Now let’s look at the actual capsule your probiotic comes in. Vegetable capsules are made of two halves and are designed to disintegrate. You may have seen “delayed-release” or “acid-resistant” capsules, but when tested, they are not holding up and are almost completely destroyed by stomach acid.[7] Studies show these unprotected capsules leak and disintegrate, leaving the probiotic cells they contain exposed to the acidity of the stomach.[8]

Stomach acid is very harsh; it is designed to break down food, but also to protect us from harmful invaders such as bacteria. This is what your probiotic capsule must soak in for 45–60 minutes, if not more. Research shows that certain strains of probiotics are completely destroyed within thirty minutes of becoming exposed to stomach acid.[9]

“This study [ . . . ] showed that among the probiotic capsules evaluated, only those that were enteric coated were able to resist to the degradation caused by stomach conditions. The results demonstrate the importance of protecting the bacteria by adding an enteric coating to the capsules.” [10]

Studies show that a proven method to protect live probiotics from stomach acid is to use an enteric-coated capsule.[11] So, what is this incredible protection? Enteric coating is made using natural fats and a type of vegetable fibre. Enteric coating was developed to hold together in harsh acid and melt away once it hits your nonacidic small intestine: That’s where live probiotic cells do all their magic.

The research is clear: Probiotics protected with an enteric coating are more effective after exposure to stomach acid, and probiotics that are kept under refrigerated conditions (4 °C) are more viable than those kept at room temperature (25 °C).[12]

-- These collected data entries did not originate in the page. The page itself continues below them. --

-- ===== src/Prelude/Outcome.antt =====
-- Code that throws: `fail(code)` is `err code`, and `if (test) fail(code)` is `reject test code`.
use mathlib.Core.Path.{◌≡◌, refl}
use mathlib.Core.Bool.{Bool, true, false}

pub data Result (Code Value : Type 0) : Type 0 where
  err : Code → Result Code Value
  ok : Value → Result Code Value

-- The steps after one that may have thrown.
infixl 5 ◌>>=◌
abbrev pub ◌>>=◌ : {C V W : Type 0} → Result C V → (V → Result C W) → Result C W
err code >>= later = err code
ok value >>= later = later value

infixl 5 ◌>>◌
abbrev pub ◌>>◌ : {C V W : Type 0} → Result C V → Result C W → Result C W
first >> later = first >>= λ value. later

abbrev pub reject : {C : Type 0} → Bool → C → Result C (Unit {0})
reject false code = ok tt
reject true code = err code

-- What a successful chain of steps went through.
pub >>=-eq-ok :
    {C V W : Type 0} (first : Result C V) (later : V → Result C W) {b : W}
    → (first >>= later) ≡ ok b
    → (v : V) × (first ≡ ok v) × (later v ≡ ok b)
>>=-eq-ok (err code) later h = cc
>>=-eq-ok (ok value) later h = (value, refl, h)

pub reject-eq-ok :
    {C V : Type 0} (test : Bool) (code : C) (later : Result C V) {b : V}
    → (reject test code >> later) ≡ ok b
    → (test ≡ false) × (later ≡ ok b)
reject-eq-ok false code later h = (refl, h)
reject-eq-ok true code later h = cc
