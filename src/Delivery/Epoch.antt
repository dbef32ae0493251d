-- ===== src/Delivery/Epoch.antt =====
-- The operations on an epoch. A field that an object lacks is `none`. The receipts stand in the
-- order in which they were bound; a stage named like a member of `Object.prototype` is not bound
-- here.
use issue_orchestration.Prelude.{
  String, Bool, true, false, Option, some, none, List, [], ◌∷◌, ◌++◌, ◌==◌, not, any, is_text, same,
  if◌then◌else◌, Result, ok, err, reject, ◌>>◌,
}

pub data EpochCode : Type 0 where
  fingerprint_required already_bound epoch_mismatch base_mismatch fingerprint_mismatch : EpochCode
  digest_bound missing_receipt disposition_forbidden : EpochCode

pub record StageReceipt : Type 0 where
  pub epoch_id : Option String
  pub base_sha : Option String
  pub repository_fingerprint : Option String
  pub receipt_digest : Option String

pub record Epoch : Type 0 where
  pub id : Option String
  pub epoch_id : Option String
  pub base_sha : Option String
  pub repository_fingerprint : Option String
  pub is_sealed : Bool
  pub cutover_frozen : Bool
  pub disposition : Option String
  pub stage_receipts : List (String × StageReceipt)

-- createEpoch
unfoldable pub create_epoch : String → Epoch
create_epoch id = record {
  id = some id;
  epoch_id = none;
  base_sha = none;
  repository_fingerprint = none;
  is_sealed = false;
  cutover_frozen = false;
  disposition = none;
  stage_receipts = [];
}

-- sealEpoch
unfoldable pub seal_epoch : Epoch → Result EpochCode Epoch
seal_epoch e = do
  reject (not (is_text e.repository_fingerprint)) fingerprint_required
  ok (record e { is_sealed = true })

abbrev or_value : Option String → Option String → Option String
or_value (some a) b = some a
or_value none b = b

-- expected !== undefined && actual !== expected
abbrev pub differs : Option String → Option String → Bool
differs none actual = false
differs (some expected) actual = not (same actual (some expected))

-- both given, and actual !== expected
abbrev pub conflicts : Option String → Option String → Bool
conflicts expected none = false
conflicts none (some actual) = false
conflicts (some expected) (some actual) = not (actual == expected)

-- receipts[stage]
unfoldable pub receipt_of : List (String × StageReceipt) → String → Option StageReceipt
receipt_of [] stage = none
receipt_of ((name, r) ∷ receipts) stage =
    if name == stage then some r else receipt_of receipts stage

abbrev pub is_bound : Option StageReceipt → Bool
is_bound none = false
is_bound (some r) = true

-- The digest is given, and one of the receipts that are bound has it.
abbrev pub digest_known : Option String → List (String × StageReceipt) → Bool
digest_known none receipts = false
digest_known (some d) receipts = any (λ entry. same entry.1.receipt_digest (some d)) receipts

-- bindStageReceipt
unfoldable pub bind_stage_receipt : Epoch → String → StageReceipt → Result EpochCode Epoch
bind_stage_receipt e stage r = do
  reject (is_bound (receipt_of e.stage_receipts stage)) already_bound
  reject (differs (or_value e.epoch_id e.id) r.epoch_id) epoch_mismatch
  reject (differs e.base_sha r.base_sha) base_mismatch
  reject (conflicts e.repository_fingerprint r.repository_fingerprint) fingerprint_mismatch
  reject (digest_known r.receipt_digest e.stage_receipts) digest_bound
  ok (record e { stage_receipts = e.stage_receipts ++ (stage, r) ∷ [] })

abbrev given : Option StageReceipt → Result EpochCode StageReceipt
given none = err missing_receipt
given (some r) = ok r

-- assertStageReceipt
unfoldable pub assert_stage_receipt : Epoch → String → Result EpochCode StageReceipt
assert_stage_receipt e stage = given (receipt_of e.stage_receipts stage)

-- freezeCutover
unfoldable pub freeze_cutover : Epoch → Epoch
freeze_cutover e = record e { cutover_frozen = true }

-- setDisposition
unfoldable pub set_disposition : Epoch → String → Result EpochCode Epoch
set_disposition e disposition = do
  reject (disposition == "reusable-unchanged") disposition_forbidden
  ok (record e { disposition = some disposition })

Reputable, professional supplement companies keep their probiotics cold and package them in capsules with an enteric coating. So, why settle for anything less?

Probiotics do work: They can work wonders for you—but only if you make the right choice.

Dr. Ludovic Brunel, ND

Dr. Brunel has 15+ years of experience as a Naturopathic Doctor and practices in Calgary. His approach has always been to improve health outcomes by relying on the best research available.

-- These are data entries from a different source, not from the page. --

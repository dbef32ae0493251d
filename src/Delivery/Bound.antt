-- ===== src/Delivery/Bound.antt =====
-- What a receipt that is bound means for the reads and the bindings after it.
use issue_orchestration.Prelude.{
  String, true, false, some, List, [], ◌∷◌, ◌++◌, ◌==◌, ◌≡◌, refl, sym, arith, ◌⊎◌, any, any-append,
  same, eq_refl, Bool-cases, inl, inr, ok,
}
use issue_orchestration.Delivery.Epoch.{
  Epoch, StageReceipt, receipt_of, is_bound, digest_known, bind_stage_receipt, assert_stage_receipt,
}

receipt_of-new :
    (receipts : List (String × StageReceipt)) (stage : String) (r : StageReceipt)
    → is_bound (receipt_of receipts stage) ≡ false
    → receipt_of (receipts ++ (stage, r) ∷ []) stage ≡ some r
unfolding receipt_of
receipt_of-new [] stage r free = rw (eq_refl stage) refl
receipt_of-new ((name, s) ∷ receipts) stage r free = elim (Bool-cases (name == stage)) [
  | inl e ↦ absurd (ground (arith, e))
  | inr e ↦ rw e (receipt_of-new receipts stage r (ground (arith, e)))
]

receipt_of-old :
    (receipts : List (String × StageReceipt)) (stage other : String) (r : StageReceipt)
    → (stage == other) ≡ false
    → receipt_of (receipts ++ (stage, r) ∷ []) other ≡ receipt_of receipts other
unfolding receipt_of
receipt_of-old [] stage other r apart = rw apart refl
receipt_of-old ((name, s) ∷ receipts) stage other r apart =
    ground (arith, receipt_of-old receipts stage other r apart)

bound-eq :
    (e e' : Epoch) (stage : String) (r : StageReceipt)
    → bind_stage_receipt e stage r ≡ ok e'
    → (e' ≡ record e { stage_receipts = e.stage_receipts ++ (stage, r) ∷ [] })
      × (is_bound (receipt_of e.stage_receipts stage) ≡ false)
unfolding bind_stage_receipt
bound-eq e e' stage r h = (ground arith, ground arith)

-- The receipt that is bound to a stage is the one that is read for it afterwards, and what is read
-- for another stage is what was read before.
pub bind_stage_receipt-read :
    (e e' : Epoch) (stage other : String) (r : StageReceipt)
    → bind_stage_receipt e stage r ≡ ok e'
    → (stage == other) ≡ false
    → (assert_stage_receipt e' stage ≡ ok r)
      × (assert_stage_receipt e' other ≡ assert_stage_receipt e other)
unfolding assert_stage_receipt
bind_stage_receipt-read e e' stage other r h apart =
    let (made, free) = bound-eq e e' stage r h in
    let new = receipt_of-new e.stage_receipts stage r free in
    let old = receipt_of-old e.stage_receipts stage other r apart in
    rw made (rw (new, old) (refl, refl))

known-again :
    (receipts : List (String × StageReceipt)) (stage d : String) (r : StageReceipt)
    → r.receipt_digest ≡ some d
    → digest_known (some d) (receipts ++ (stage, r) ∷ []) ≡ true
unfolding any same
known-again receipts stage d r has = ground (
  arith,
  any-append (λ (entry : String × StageReceipt). same entry.1.receipt_digest (some d)) receipts
      ((stage, r) ∷ []),
  eq_refl d,
)

-- Once a receipt is bound, no receipt is bound to its stage, with a digest or without, and if it
-- has a digest, no receipt of that digest is bound to any stage.
pub bind_stage_receipt-once :
    (e e' e'' : Epoch) (stage again : String) (r s : StageReceipt)
    → bind_stage_receipt e stage r ≡ ok e'
    → (stage ≡ again) ⊎ ((d : String) × ((r.receipt_digest ≡ some d) × (s.receipt_digest ≡ some d)))
    → ¬ bind_stage_receipt e' again s ≡ ok e''
unfolding bind_stage_receipt
bind_stage_receipt-once e e' e'' stage again r s h (inl same_stage) k =
    let (made, free) = bound-eq e e' stage r h in
    let new = receipt_of-new e.stage_receipts stage r free in
    let taken : receipt_of e'.stage_receipts again ≡ some r = rw made (rw (sym same_stage) new) in
    absurd (ground (arith, taken))
bind_stage_receipt-once e e' e'' stage again r s h (inr (d, (has, same_digest))) k =
    let (made, free) = bound-eq e e' stage r h in
    let known : digest_known s.receipt_digest e'.stage_receipts ≡ true =
      rw made (rw same_digest (known-again e.stage_receipts stage d r has)) in
    absurd (ground (arith, known))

[1]       Pubmed search: Probiotics. https://pubmed.ncbi.nlm.nih.gov/?term=probiotics · Accessed May 2021.

[2]       Gupta, V., and R. Garg. “Probiotics.” Indian Journal of Medical Microbiology, Vol. 27, No. 3 (2009): 202–209.

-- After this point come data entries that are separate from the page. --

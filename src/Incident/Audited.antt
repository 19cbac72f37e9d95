-- ===== src/Incident/Audited.antt =====
-- incident_verifier.py: what an audit shows that passes the checks.
use agent_learning_loop.Base.{
  ℕ, suc, ◌≤◌, String, Bool, true, not, ◌&&◌, ◌||◌, Option, none, some, List, [], ◌∷◌, Dict, lookup,
  lookup-insert, lookup-nil, all, any, all-get_elem?, any_mono, all_mono, filterb, count_if,
  string_eq, option_eq, ◌==◌, ◌≡◌, ◌⊎◌, inl, inr, refl, arith,
}
use agent_learning_loop.Schemas.{VerifierCheck}
use agent_learning_loop.Incident.Names.{
  incident_tool_eq, audit_category_eq, AuditDecision, decision_eq,
}
use agent_learning_loop.Incident.Contracts.{IncidentAuditRecord}
use agent_learning_loop.Incident.Audit.{IsSequential, approves}
use agent_learning_loop.Incident.Verifier.{
  is_sequential, is_approval, add_approval, approvals_into, is_high_impact, has_references,
  grant_precedes, grant_of, audit_checks, verify_audit,
}
use agent_learning_loop.Incident.Groups.{once_each}

IsSequential-is_sequential :
    (n : ℕ) (rs : List IncidentAuditRecord) → is_sequential n rs ≡ true → IsSequential n rs
unfolding IsSequential
IsSequential-is_sequential n [] h = tt
IsSequential-is_sequential n (r ∷ rs) h =
    (ground arith, IsSequential-is_sequential (suc n) rs (ground arith))

-- What holds of all that pass a test.
filtered {ℓ} :
    {A : Type ℓ} (q p : A → Bool) (xs : List A)
    → all p (filterb q xs) ≡ true
    → all (λ x. not (q x) || p x) xs ≡ true
filtered q p [] h = refl
filtered q p (x ∷ xs) h = ground (arith, filtered q p xs)

add_approval-found :
    (o : Option String) (r : IncidentAuditRecord) (d : Dict IncidentAuditRecord) (id : String)
    (g : IncidentAuditRecord)
    → lookup id (add_approval o r d) ≡ some g
    → ((is_approval AuditDecision.approved r ≡ true) × (r ≡ g)) ⊎ (lookup id d ≡ some g)
add_approval-found none r d id g h = inr h
add_approval-found (some k) r d id g h = ground (arith, lookup-insert k id r d)

-- An approval that is looked up is in the audit, or was there before.
approvals_into-found :
    (p : IncidentAuditRecord → Bool) (rs : List IncidentAuditRecord) (d : Dict IncidentAuditRecord)
    (id : String) (g : IncidentAuditRecord)
    → p g ≡ true
    → lookup id (approvals_into d rs) ≡ some g
    → (any (λ a. is_approval AuditDecision.approved a && p a) rs ≡ true) ⊎ (lookup id d ≡ some g)
approvals_into-found p [] d id g h found = inr found
approvals_into-found p (r ∷ rs) d id g h found =
    elim (approvals_into-found p rs (add_approval r.approval_id r d) id g h found) [
      | inl later ↦ inl (ground (arith, later))
      | inr here ↦ elim (add_approval-found r.approval_id r d id g here) [
        | inl (a, same) ↦ inl (ground (arith, a, same, h))
        | inr before ↦ inr before
      ]
    ]

precedes-approves :
    (r a : IncidentAuditRecord)
    → (is_approval AuditDecision.approved a && grant_precedes r (some a)) ≡ true
    → approves r a ≡ true
precedes-approves r a h = ground arith

granted_before :
    (audit : List IncidentAuditRecord) (r : IncidentAuditRecord)
    → grant_precedes r (grant_of (approvals_into [] audit) r.approval_id) ≡ true
    → any (approves r) audit ≡ true
granted_before audit r h = found_before r.approval_id (grant_of _ r.approval_id) h refl
  where
    from_found :
        (id : String) (g : IncidentAuditRecord)
        → grant_precedes r (some g) ≡ true
        → (any (λ a. is_approval AuditDecision.approved a && grant_precedes r (some a)) audit
            ≡ true)
          ⊎ (lookup id [] ≡ some g)
        → any (approves r) audit ≡ true
    from_found id g p (inl in_audit) =
        any_mono (λ a. is_approval AuditDecision.approved a && grant_precedes r (some a))
          (approves r) audit (precedes-approves r) in_audit
    from_found id g p (inr before) = cc (before, lookup-nil {V = IncidentAuditRecord} id)

    found_before :
        (o : Option String) (g : Option IncidentAuditRecord)
        → grant_precedes r g ≡ true
        → grant_of (approvals_into [] audit) o ≡ g
        → any (approves r) audit ≡ true
    found_before none g p e = cc
    found_before (some id) none p e = cc
    found_before (some id) (some g) p e =
        from_found id g p (approvals_into-found (λ a. grant_precedes r (some a)) audit [] id g p e)

abbrev passes : VerifierCheck → Bool
passes c = c.passed

-- What a passed verdict says of an audit.
pub record IsAudited (run_id task_id : String) (audit : List IncidentAuditRecord) : Type 0 where
  pub numbered : IsSequential 0 audit
  pub context : all (λ r. r.run_id == run_id && r.task_id == task_id) audit ≡ true
  -- each high-impact execution has an approval before it
  pub approved : all (λ r. not (is_high_impact r) || any (approves r) audit) audit ≡ true
  -- no operation mutates twice
  pub once :
      (operation : String)
      → count_if
          (λ r. is_high_impact r && r.operation_id == some operation && r.physical_mutation)
          audit
        ≤ 1

second_part : (a b : Bool) → (a && b) ≡ true → b ≡ true
second_part a b h = ground arith

approved_executions :
    (audit : List IncidentAuditRecord)
    → all
        (λ r. grant_precedes r (grant_of (approvals_into [] audit) r.approval_id))
        (filterb is_high_impact audit)
      ≡ true
    → all (λ r. not (is_high_impact r) || any (approves r) audit) audit ≡ true
approved_executions audit h =
    all_mono
      (λ r.
        not (is_high_impact r)
        || grant_precedes r (grant_of (approvals_into [] audit) r.approval_id))
      (λ r. not (is_high_impact r) || any (approves r) audit) audit
      (λ r ok. ground (arith, granted_before audit r)) (filtered is_high_impact _ audit h)

-- An audit that passes the verification is numbered from 0 and of one run and task, each high-impact
-- execution in it has an approval of the same approval id, tool, target and action fingerprint before
-- it, and no operation id has two physical mutations among the high-impact executions.
pub verify_audit-IsAudited :
    (audit : List IncidentAuditRecord) (run_id task_id : String)
    → (verify_audit audit run_id task_id).passed ≡ true
    → IsAudited run_id task_id audit
unfolding verify_audit audit_checks
verify_audit-IsAudited audit run_id task_id h =
    let checks = audit_checks audit run_id task_id in
    record {
      numbered = IsSequential-is_sequential 0 audit (all-get_elem? passes checks 0 _ h refl);
      context = all-get_elem? passes checks 1 _ h refl;
      approved = approved_executions audit (
          second_part (all has_references (filterb is_high_impact audit)) _
            (all-get_elem? passes checks 4 _ h refl));
      once = λ operation. once_each operation audit (all-get_elem? passes checks 6 _ h refl);
    }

[3]       Chapman, C.M., G.R. Gibson, and I. Rowland. “Health benefits of probiotics: Are mixtures more effective than single strains?” European Journal of Nutrition, Vol. 50, No.°1 (2011): 1–17.

[4]       Jofré, A., T. Aymerich, and M. Garriga. “Impact of different cryoprotectants on the survival of freeze-dried Lactobacillus rhamnosus and Lactobacillus casei/paracasei during long-term storage.” Beneficial Microbes, Vol. 6, No. 3 (2015): 381–386.

[5]       Jofré, Aymerich, and Garriga. “Impact of different cryoprotectants.”

[6]       Bruno, F.A., and N.P. Shah. “Viability of two freeze‐dried strains of Bifidobacterium and of commercial preparations at various temperatures during prolonged storage.” Journal of Food Science, Vol. 68, No. 7 (2003): 2336–2339.

[7]       Millette, M., A. Nguyen, K.M. Amine, and M. Lacroix. “Gastrointestinal survival of bacteria in commercial probiotic products.” International Journal of Probiotics and Prebiotics, Vol. 8, No. 4 (2013): 149–156.

[8]       Corcoran, B.M., C. Stanton, G.F. Fitzgerald, and R.P. Ross. “Survival of probiotic lactobacilli in acidic environments is enhanced in the presence of metabolizable sugars.” Applied and Environmental Microbiology, Vol. 71, No. 6 (2005): 3060–3067.

[9]       Corcoran et al. “Survival of probiotic lactobacilli in acidic environments.”

[10]    Millette et al. “Gastrointestinal survival of bacteria in commercial probiotic products.”

[11]    Govener, M., Y.E. Choonara, P. Kumar, L.C. du Toit, S. van Vuuren, and V. Pillay. “A review of the advancements in probiotic delivery: Conventional vs. non–conventional formulations for intestinal flora supplementation.” AAPS PharmSciTech, Vol. 15, No. 1 (2014): 29–43.

[12]    Arepally, D, R.S. Reddy, and T.K. Goswami. “Studies on survivability, storage stability of encapsulated spray dried probiotic powder.” Current Research in Food Science, Vol. 3 (2020): 235–242.